Records for this exercise Start Marker
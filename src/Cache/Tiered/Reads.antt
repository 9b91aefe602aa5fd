-- ===== src/Cache/Tiered/Reads.antt =====
-- What a get of a tiered cache returns after a write, here or in another instance.
use redfx.Common.{
  ℕ, String, ◌≡◌, refl, ap, ◌∙◌, List, [], ◌∷◌, Option, none, some, ◌||◌, ◌&&◌, not, any, ◌==◌,
  if◌then◌else◌, Bool-cases, inl, inr, eq_refl, true, false, Bool,
}
use redfx.Durations.{Durations}
use redfx.Effect.{Exit, succeed}
use redfx.Run.{>>=-eq-succeed}
use redfx.Redis.Service.{RedisService}
use redfx.Script.{Cached}
use redfx.Cache.Options.{CacheError, CacheOptions, Runtime}
use redfx.Cache.Core.{l2_get, store, del, lookup_and_store}
use redfx.Cache.Tiered.{
  Memory, get, set, invalidate, refresh, publish_inv, remember, announced, on_message, listen,
}

-- How a `Cache` of the effect library keeps values, between two expiries: a get returns what it holds
-- without a lookup, and where it holds no value for the key it returns what the lookup does.
pub record Memoizes {W E A : Type 0} (l1 : Memory W E A) : Type 0 where
  pub peek : String → W → Option A
  pub hit_lem :
      (lookup : String → Cached W → Option (Exit (CacheError E) A × Cached W)) (key : String)
      (a : A) (s : Cached W)
      → peek key s.outside ≡ some a
      → l1.get lookup key s ≡ some (succeed a, s)
  pub peek-set :
      (key j : String) (a : A) (w : W)
      → peek j (l1.set key a w) ≡ (if key == j then some a else peek j w)
  pub peek-invalidate :
      (key j : String) (w : W)
      → peek j (l1.invalidate key w) ≡ (if key == j then none else peek j w)

module _ {W E A : Type 0} {durations : Durations} (r : RedisService W durations)
    (runtime : Runtime W) (options : CacheOptions W durations.DurationInput E A) (l1 : Memory W E A)
    (instance_id : String) (memory : Memoizes l1)
    (publish_steady : (channel message key : String) (w : W)
      → memory.peek key (r.publish channel message w).1 ≡ memory.peek key w) where
  open memory use {peek, hit_lem, peek-set, peek-invalidate}

  either :
      (b c : Bool) (x : Option A)
      → (if c then none else if b then none else x) ≡ (if b || c then none else x)
  either true true x = refl
  either true false x = refl
  either false c x = refl

  remembered :
      (rounds : ℕ) (key : String) (a : A) (s s' : Cached W)
      → announced r runtime options l1 instance_id key
          (remember r runtime options l1 instance_id key a s)
        ≡ s'
      → get r runtime options l1 instance_id rounds key s' ≡ some (succeed a, s')
  unfolding get
  remembered rounds key a s s' same = hit_lem (l2_get r runtime options rounds) key a s' (
      rw (← same) (
        publish_steady _ _ key (l1.set key a s.outside)
        ∙ peek-set key key a s.outside
        ∙ rw (eq_refl key) refl))

  -- The value that a set stored, or that a refresh returned, is what the next get returns, from the L1
  -- alone: with no command and no change of the state. After an invalidate, the L1 holds no value.
  pub written_is_read :
      (rounds : ℕ) (key : String) (value : A) (s s' : Cached W)
      → (set r runtime options l1 instance_id key value s ≡ (succeed tt, s')
          → get r runtime options l1 instance_id rounds key s' ≡ some (succeed value, s'))
        × (refresh r runtime options l1 instance_id key s ≡ (succeed value, s')
            → get r runtime options l1 instance_id rounds key s' ≡ some (succeed value, s'))
        × (invalidate r runtime options l1 instance_id key s ≡ (succeed tt, s')
            → peek key s'.outside ≡ none)
  unfolding set refresh invalidate publish_inv
  written_is_read rounds key value s s' = (
    λ done.
        let (a, _, announces) = >>=-eq-succeed (store r runtime options key value) _ s done in
        remembered rounds key value (store r runtime options key value s).1 s'
          (ap (λ p. p.1) announces),
    λ done.
        let (a, _, announces) = >>=-eq-succeed (lookup_and_store r runtime options key) _ s done in
        let (_, _, last) =
          >>=-eq-succeed (publish_inv r runtime options l1 instance_id key) _ _ announces in
        let one : a ≡ value = cc in
        rw (← one) (
          remembered rounds key a (lookup_and_store r runtime options key s).1 s'
            (ap (λ p. p.1) last)),
    λ done.
        let (a, _, announces) = >>=-eq-succeed (del r runtime options key) _ s done in
        let w = (del r runtime options key s).1.outside in
        rw (← ap (λ p. p.1) announces) (
          publish_steady _ _ key (l1.invalidate key w)
          ∙ peek-invalidate key key w
          ∙ rw (eq_refl key) refl),
  )

  -- After the listener has handled some messages, the L1 holds for a key what it held before, or nothing
  -- if one of them says that another instance changed the key; its own messages are skipped.
  pub listen_forgets :
      (messages : List (String × String)) (key : String) (w : W)
      → peek key (listen r runtime options l1 instance_id messages w)
        ≡ (if any (λ m. not (m.0 == instance_id) && m.1 == key) messages then none else peek key w)
  unfolding listen on_message
  listen_forgets [] key w = refl
  listen_forgets ((i, k) ∷ messages) key w =
      let rest = listen_forgets messages key (on_message r runtime options l1 instance_id i k w) in
      rest ∙ elim (Bool-cases (i == instance_id)) [
        | inl own ↦ rw own refl
        | inr other ↦ rw (other, peek-invalidate k key w) (either (k == key) _ (peek key w))
      ]
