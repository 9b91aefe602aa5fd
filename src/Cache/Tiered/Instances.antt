-- ===== src/Cache/Tiered/Instances.antt =====
-- Several instances of a tiered cache (`makeTiered` of packages/core/src/Cache.ts) and one key. A write
-- reaches the L2, then the instance's own L1, and then its message is published; a get that misses the
-- L1 has its value from the L2, or from the lookup, which it stores there, and then fills the L1.
-- Other instances may run between any two of these steps. Every command is answered and every message
-- is delivered, at any later time; the value of the L2 does not expire. The L1 is the effect library's
-- `Cache`: it runs one lookup of the key at a time, and one that ends fills it even if the key was
-- invalidated meanwhile.
use redfx.Common.{ℕ, suc, ◌-◌, ◌≢◌, ◌≡◌, Bool, true, Option, none, some, eqb, if◌then◌else◌}
use redfx.Cache.Stampede.{update}

-- Where an instance stands in a write of the key: not in one; behind the L2's change to a value, or to
-- none by an invalidate; behind the L1's change to it.
pub data Phase (A : Type 0) : Type 0 where
  idle held : Phase A
  written : Option A → Phase A

-- What the L2 and each L1 hold for the key, how many messages of others each instance has not
-- handled, and the value with which a get of the instance is about to fill its L1. All but finitely many instances never move.
pub record Instances (A : Type 0) : Type 0 where
  pub l2 : Option A
  pub l1 : ℕ → Option A
  pub phase : ℕ → Phase A
  pub inbox : ℕ → ℕ
  pub fetched : ℕ → Option A

module _ {A : Type 0} where
  -- `core.store` or `core.del`
  unfoldable pub write : ℕ → Option A → Instances A → Instances A
  write i v s = record s { l2 = v; phase = update s.phase i (written v) }

  -- `l1.set` or `l1.invalidate`
  unfoldable pub hold : ℕ → Option A → Instances A → Instances A
  hold i v s = record s { l1 = update s.l1 i v; phase = update s.phase i held }

  -- `publishInv`: the listener of the instance skips its own message.
  unfoldable pub announce : ℕ → Instances A → Instances A
  announce i s = record s {
    phase = update s.phase i idle;
    inbox = λ j. if eqb i j then s.inbox j else suc (s.inbox j);
  }

  -- A write that nothing interrupts.
  abbrev pub write_through : ℕ → Option A → Instances A → Instances A
  write_through i v s = announce i (hold i v (write i v s))

  -- The listener handles a message.
  unfoldable pub handle_message : ℕ → Instances A → Instances A
  handle_message j s = record s {
    l1 = update s.l1 j none;
    inbox = update s.inbox j (s.inbox j - 1);
  }

  -- A get reads the value of the L2.
  unfoldable pub fetch : ℕ → A → Instances A → Instances A
  fetch j a s = record s { fetched = update s.fetched j (some a) }

  -- A get that read no value has stored what its lookup found.
  unfoldable pub look_up : ℕ → A → Instances A → Instances A
  look_up j a s = record s { l2 = some a; fetched = update s.fetched j (some a) }

  -- The get fills the L1.
  unfoldable pub fill : ℕ → A → Instances A → Instances A
  fill j a s = record s { l1 = update s.l1 j (some a); fetched = update s.fetched j none }

-- No write is under way, and no get is about to fill an L1.
abbrev pub Alone : {A : Type 0} → Instances A → Type 0
Alone s = (j : ℕ) → (s.phase j ≡ idle) × (s.fetched j ≡ none)

-- One step of an instance. With `serial`, the L2 is changed, by a write or by the store of a get, only
-- while no write is under way and no get is about to fill an L1, and a get stores only where the L2
-- holds nothing.
pub data Step {A : Type 0} (serial : Bool) (s : Instances A) : Instances A → Type 0 where
  writes :
      (i : ℕ) (v : Option A)
      → s.phase i ≡ idle
      → (serial ≡ true → Alone s)
      → Step serial s (write i v s)
  holds : (i : ℕ) (v : Option A) → s.phase i ≡ written v → Step serial s (hold i v s)
  announces : (i : ℕ) → s.phase i ≡ held → Step serial s (announce i s)
  handles : (j : ℕ) → s.inbox j ≢ 0 → Step serial s (handle_message j s)
  fetches :
      (j : ℕ) (a : A)
      → s.l1 j ≡ none
      → s.fetched j ≡ none
      → s.l2 ≡ some a
      → Step serial s (fetch j a s)
  looks_up :
      (j : ℕ) (a : A)
      → s.fetched j ≡ none
      → (serial ≡ true → Alone s × (s.l2 ≡ none))
      → Step serial s (look_up j a s)
  fills : (j : ℕ) (a : A) → s.fetched j ≡ some a → Step serial s (fill j a s)
  -- The L1's value expires or is evicted.
  forgets : (j : ℕ) → Step serial s (record s { l1 = update s.l1 j none })

pub data Reach {A : Type 0} (serial : Bool) (s : Instances A) : Instances A → Type 0 where
  here : Reach serial s s
  later : {t u : Instances A} → Reach serial s t → Step serial t u → Reach serial s u

-- Nothing is held by an L1, and nobody writes.
abbrev pub start : {A : Type 0} → Option A → Instances A
start v = record { l2 = v; l1 = λ j. none; phase = λ j. idle; inbox = λ j. 0; fetched = λ j. none }

-- Nobody writes, and the instance has handled every message.
abbrev pub Settled : {A : Type 0} → Instances A → ℕ → Type 0
Settled s j = ((i : ℕ) → s.phase i ≡ idle) × (s.inbox j ≡ 0)
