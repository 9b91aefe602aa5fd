-- ===== src/Cache/Tiered/Modelled.antt =====
-- That the steps of Cache.Tiered.Instances are those of a tiered cache (`makeTiered` of
-- packages/core/src/Cache.ts): a write of one instance that nothing interrupts is its three steps.
use redfx.Common.{
  String, ◌≡◌, ◌≢◌, refl, Bool, Option, none, some, eqb, ℕ, arith, ◌==◌, true, eq_refl, eq_iff,
  Bool-cases, inl, inr,
}
use redfx.Durations.{Durations}
use redfx.Effect.{succeed, die}
use redfx.Redis.Service.{RedisService}
use redfx.Redis.ValueServer.{ValueServer}
use redfx.Ref.{key_of, to_decode_error, delete, is_positive}
use redfx.Ref.Value
use redfx.Script.{Cached}
use redfx.Cache.Options.{CacheOptions, Runtime}
use redfx.Cache.Core.{store, del}
use redfx.Cache.Tiered.{Memory, set, invalidate, announced, on_message, publish_inv_lem}
use redfx.Cache.Tiered.Reads.{Memoizes}
use redfx.Cache.Tiered.Instances.{Instances, write, hold, announce, handle_message, write_through}

module _ {W E A : Type 0} {durations : Durations} (r : RedisService W durations)
    (options : CacheOptions W durations.DurationInput E A) (l1 : Memory W E A) (key : String) where
  -- A server that keeps values and an L1 do not meet, and a publish changes neither and is no defect.
  pub record TieredServer : Type 0 where
    pub values : ValueServer r
    pub memory : Memoizes l1
    pub peek-put :
        (t : String) (w : W)
        → memory.peek key (values.put (key_of options.prefix key) t w) ≡ memory.peek key w
    pub peek-drop :
        (w : W) → memory.peek key (values.drop (key_of options.prefix key) w) ≡ memory.peek key w
    pub stored-set :
        (a : A) (w : W)
        → values.stored (key_of options.prefix key) (l1.set key a w)
          ≡ values.stored (key_of options.prefix key) w
    pub stored-invalidate :
        (w : W)
        → values.stored (key_of options.prefix key) (l1.invalidate key w)
          ≡ values.stored (key_of options.prefix key) w
    pub stored-publish :
        (channel message : String) (w : W)
        → values.stored (key_of options.prefix key) (r.publish channel message w).1
          ≡ values.stored (key_of options.prefix key) w
    pub peek-publish :
        (channel message : String) (w : W)
        → memory.peek key (r.publish channel message w).1 ≡ memory.peek key w
    pub publish_sound :
        (channel message d : String) (w : W) → (r.publish channel message w).0 ≢ die d

module _ {W E A : Type 0} {durations : Durations} (r : RedisService W durations)
    (runtime : Runtime W) (options : CacheOptions W durations.DurationInput E A) (l1 : Memory W E A)
    (instance_id key : String) (server : TieredServer r options l1 key)
    (lawful : (a : A) (s : String)
      → options.schema.encode a ≡ succeed s
      → options.schema.decode s ≡ succeed a) where
  open server use {
    values, memory, peek-put, peek-drop, stored-set, stored-invalidate, stored-publish,
    peek-publish, publish_sound,
  }

  abbrev full : String
  full = key_of options.prefix key

  -- The value that a stored text stands for.
  abbrev pub StandsFor : Option A → Option String → Type 0
  StandsFor value none = value ≡ none
  StandsFor value (some s) = (a : A) × (options.schema.decode s ≡ succeed a) × (value ≡ some a)

  -- What instance `i` sees of the instances, as it stands in a state of the program.
  abbrev pub Models : ℕ → Instances A → W → Type 0
  Models i m w = StandsFor m.l2 (values.stored full w) × (memory.peek key w ≡ m.l1 i)

  store_lem :
      (a : A) (t : String) (s : Cached W)
      → options.schema.encode a ≡ succeed t
      → store r runtime options key a s
        ≡ (succeed a, record s { outside = values.put full t s.outside })
  unfolding store Value.set to_decode_error
  store_lem a t s encodes = rw (encodes, values.set_lem) refl

  del_lem :
      (s : Cached W)
      → (b : Bool) × (del r runtime options key s
          ≡ (succeed b, record s { outside = values.drop full s.outside }))
  unfolding del delete
  del_lem s = (is_positive (values.dropped full s.outside), rw values.del_lem refl)

  set_lem :
      (a : A) (t : String) (s : Cached W)
      → options.schema.encode a ≡ succeed t
      → set r runtime options l1 instance_id key a s ≡ (
        succeed tt,
        announced r runtime options l1 instance_id key
            (record s { outside = l1.set key a (values.put full t s.outside) }),
      )
  unfolding set
  set_lem a t s encodes =
      rw (store_lem a t s encodes)
        (publish_inv_lem r runtime options l1 instance_id (λ k d w. publish_sound _ _ d w) key _)

  invalidate_lem :
      (s : Cached W)
      → invalidate r runtime options l1 instance_id key s ≡ (
        succeed tt,
        announced r runtime options l1 instance_id key
            (record s { outside = l1.invalidate key (values.drop full s.outside) }),
      )
  unfolding invalidate
  invalidate_lem s =
      rw ((del_lem s).1)
        (publish_inv_lem r runtime options l1 instance_id (λ k d w. publish_sound _ _ d w) key _)

  -- In an instance whose L1 and L2 are as the instances say, a set whose value encodes and an invalidate
  -- succeed, and leave the L1 and the L2 as the three steps of the instance do; a message of another
  -- instance leaves them as the step of its listener does, and one of its own as they were.
  pub writes_are_steps :
      (i : ℕ) (m : Instances A) (s : Cached W)
      → Models i m s.outside
      → ((a : A) (t : String)
          → options.schema.encode a ≡ succeed t
          → let (result, s') = set r runtime options l1 instance_id key a s in
            (result ≡ succeed tt) × Models i (write_through i (some a) m) s'.outside)
        × (let (result, s') = invalidate r runtime options l1 instance_id key s in
            (result ≡ succeed tt) × Models i (write_through i none m) s'.outside)
        × ((other : String)
            → let w' = on_message r runtime options l1 instance_id other key s.outside in
              (other ≢ instance_id → Models i (handle_message i m) w')
              × (other ≡ instance_id → Models i m w'))
  unfolding on_message handle_message announce hold write
  writes_are_steps i m s (value, held) =
      let own : eqb i i ≡ true = ground arith in
      (
        λ a t encodes.
            rw
              (
                set_lem a t s encodes,
                stored-publish,
                stored-set,
                values.stored-put full t s.outside,
                peek-publish,
                memory.peek-set,
                eq_refl key,
                own,
              )
              (refl, ((a, lawful a t encodes, refl), refl)),
        rw
            (
              invalidate_lem s,
              stored-publish,
              stored-invalidate,
              values.stored-drop full s.outside,
              peek-publish,
              memory.peek-invalidate,
              eq_refl key,
              own,
            )
            (refl, (refl, refl)),
        λ other. (
          λ differs. elim (Bool-cases (other == instance_id)) [
            | inl same ↦ absurd (differs ((eq_iff other instance_id).0 same))
            | inr apart ↦
                rw (apart, stored-invalidate, memory.peek-invalidate, eq_refl key, own)
                  (value, refl)
          ],
          λ same. rw (same, eq_refl instance_id) (value, held),
        ),
      )
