-- ===== src/Cache/Tests/Instances.antt =====
-- An instance of a tiered cache over a server that keeps values, with an L1 beside it.
use redfx.Common.{
  Bool, ◌∷◌, ℕ, String, ◌≡◌, ◌≢◌, refl, Option, none, some, [], inl, inr, Option-cases,
  if◌then◌else◌, ◌==◌, eq_refl, true, false,
}
use redfx.Js.Number.{of_ℕ}
use redfx.Durations.Whole.{whole}
use redfx.Effect.{Exit, succeed, fail, die}
use redfx.Connection.{ConnectionService}
use redfx.RedisCommand.{command, set_args}
use redfx.Redis.Keys
use redfx.Redis.Service.{RedisService}
use redfx.Redis.Make.{make_redis}
use redfx.Redis.ValueServer.{ValueServer}
use redfx.Redis.Memory.{Store, stored_send, put, drop}
use redfx.Decode.{decode_option_string, decode_number}
use redfx.Ref.{Codec}
use redfx.Script.{Cached}
use redfx.Cache.Options.{CacheError, CacheOptions, Runtime, off}
use redfx.Cache.Tiered.{Memory, set, invalidate, on_message}
use redfx.Cache.Tiered.Reads.{Memoizes}
use redfx.Cache.Tiered.Instances.{Instances, handle_message, write_through, start}
use redfx.Cache.Tiered.Modelled.{TieredServer, Models, writes_are_steps}

abbrev World : Type 0
World = Store × (String → Option String)

abbrev Waited : Type 0
Waited = Option (Exit (CacheError String) String × Cached World)

abbrev connection : ConnectionService World
connection = record {
  send = λ c w. let (r, s) = stored_send c w.0 in (r, (s, w.1));
  pipeline = λ cs w. (succeed [], w);
  close = λ w. (succeed tt, w);
}

abbrev service : RedisService World whole
service = make_redis whole connection

abbrev remembers : String → String → World → World
remembers k v w = (w.0, λ j. if k == j then some v else w.1 j)

abbrev drops : String → World → World
drops k w = (w.0, λ j. if k == j then none else w.1 j)

abbrev keep : String → Exit (CacheError String) String → Cached World → Waited
keep key (succeed a) s = some (succeed a, record s { outside = remembers key a s.outside })
keep key (fail e) s = some (fail e, s)
keep key (die d) s = some (die d, s)

abbrev found : (String → Cached World → Waited) → String → Option String → Cached World → Waited
found lookup key (some a) s = some (succeed a, s)
found lookup key none s = elim (lookup key s) [ none ↦ none | some p ↦ keep key p.0 p.1 ]

abbrev l1 : Memory World String String
l1 = record {
  get = λ lookup key s. found lookup key (s.outside.1 key) s;
  set = remembers;
  invalidate = drops;
}

hits :
    (lookup : String → Cached World → Waited) (key a : String) (s : Cached World)
    → s.outside.1 key ≡ some a
    → l1.get lookup key s ≡ some (succeed a, s)
hits lookup key a s there = rw there refl

memory : Memoizes l1
memory = record {
  peek = λ key w. w.1 key;
  hit_lem = hits;
  peek-set = λ key j a w. refl;
  peek-invalidate = λ key j w. refl;
}

get_reply : (k : String) (w : World) → service.get k w ≡ (succeed (w.0.values k), w)
unfolding make_redis Keys.get Keys.ask decode_option_string command
get_reply k w = elim (Option-cases (w.0.values k)) [
  | inl missing ↦ rw missing refl
  | inr (s, there) ↦ rw there refl
]

set_replies :
    (k v : String) (ex px : Option ℕ) (keep_ttl : Bool) (w : World)
    → service.set k v (record { ex = ex; px = px; keep_ttl = keep_ttl }) w
      ≡ (succeed tt, (put k v w.0, w.1))
unfolding make_redis Keys.set command set_args
set_replies k v (some ex) px keep_ttl w = refl
set_replies k v none (some px) keep_ttl w = refl
set_replies k v none none true w = refl
set_replies k v none none false w = refl

del_reply :
    (k : String) (w : World) → service.del (k ∷ []) w ≡ (succeed (of_ℕ 1), (drop k w.0, w.1))
unfolding make_redis Keys.del Keys.ask decode_number command
del_reply k w = refl

values : ValueServer service
values = record {
  stored = λ k w. w.0.values k;
  put = λ k v w. (put k v w.0, w.1);
  drop = λ k w. (drop k w.0, w.1);
  dropped = λ k w. of_ℕ 1;
  get_lem = get_reply;
  set_lem = λ k v opts w. set_replies k v opts.ex opts.px opts.keep_ttl w;
  del_lem = del_reply;
  stored-put = λ k v w. rw (eq_refl k) refl;
  stored-drop = λ k w. rw (eq_refl k) refl;
}

abbrev texts : Codec String
texts = record { encode = λ s. succeed s; decode = λ s. succeed s }

texts_are_lawful : (a s : String) → texts.encode a ≡ succeed s → texts.decode s ≡ succeed a
texts_are_lawful a s encodes = cc

abbrev words : CacheOptions World ℕ String String
words = record {
  schema = texts;
  prefix = "words";
  ttl = 5000;
  lookup = λ key w. (succeed "found", w);
  stampede = off;
}

abbrev runtime : Runtime World
runtime = record {
  random_uuid = λ w. ("token", w);
  current_time_millis = λ w. 0;
  jitter_sleep = λ n w. w;
  number_result = λ v. succeed (of_ℕ 0);
}

server : TieredServer service words l1 "w"
unfolding values memory make_redis Keys.publish Keys.ask decode_number command
server = record {
  values = values;
  memory = memory;
  peek-put = λ t w. refl;
  peek-drop = λ w. refl;
  stored-set = λ a w. refl;
  stored-invalidate = λ w. refl;
  stored-publish = λ c m w. refl;
  peek-publish = λ c m w. refl;
  publish_sound = λ c m d w h. cc;
}

abbrev empty : Cached World
empty = record {
  cached_sha = none;
  outside = (record { values = λ k. none; kept = false }, λ k. none);
}

abbrev Same : ℕ → Instances String → World → Type 0
Same i m w = Models service runtime words l1 "me" "w" server texts_are_lawful i m w

writes_are_steps_example :
    ((a t : String)
      → words.schema.encode a ≡ succeed t
      → let (result, s') = set service runtime words l1 "me" "w" a empty in
        (result ≡ succeed tt) × Same 0 (write_through 0 (some a) (start none)) s'.outside)
    × (let (result, s') = invalidate service runtime words l1 "me" "w" empty in
        (result ≡ succeed tt) × Same 0 (write_through 0 none (start none)) s'.outside)
    × ((other : String)
        → let w' = on_message service runtime words l1 "me" other "w" empty.outside in
          (other ≢ "me" → Same 0 (handle_message 0 (start none)) w')
          × (other ≡ "me" → Same 0 (start none) w'))
unfolding server values memory
writes_are_steps_example =
    writes_are_steps service runtime words l1 "me" "w" server texts_are_lawful 0 (start none) empty
      (refl, refl)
Records for this exercise End Marker
**Task directions**
Only a number is expected here: the count of lines with the string "dropped" in the material above.

**Answer section**
2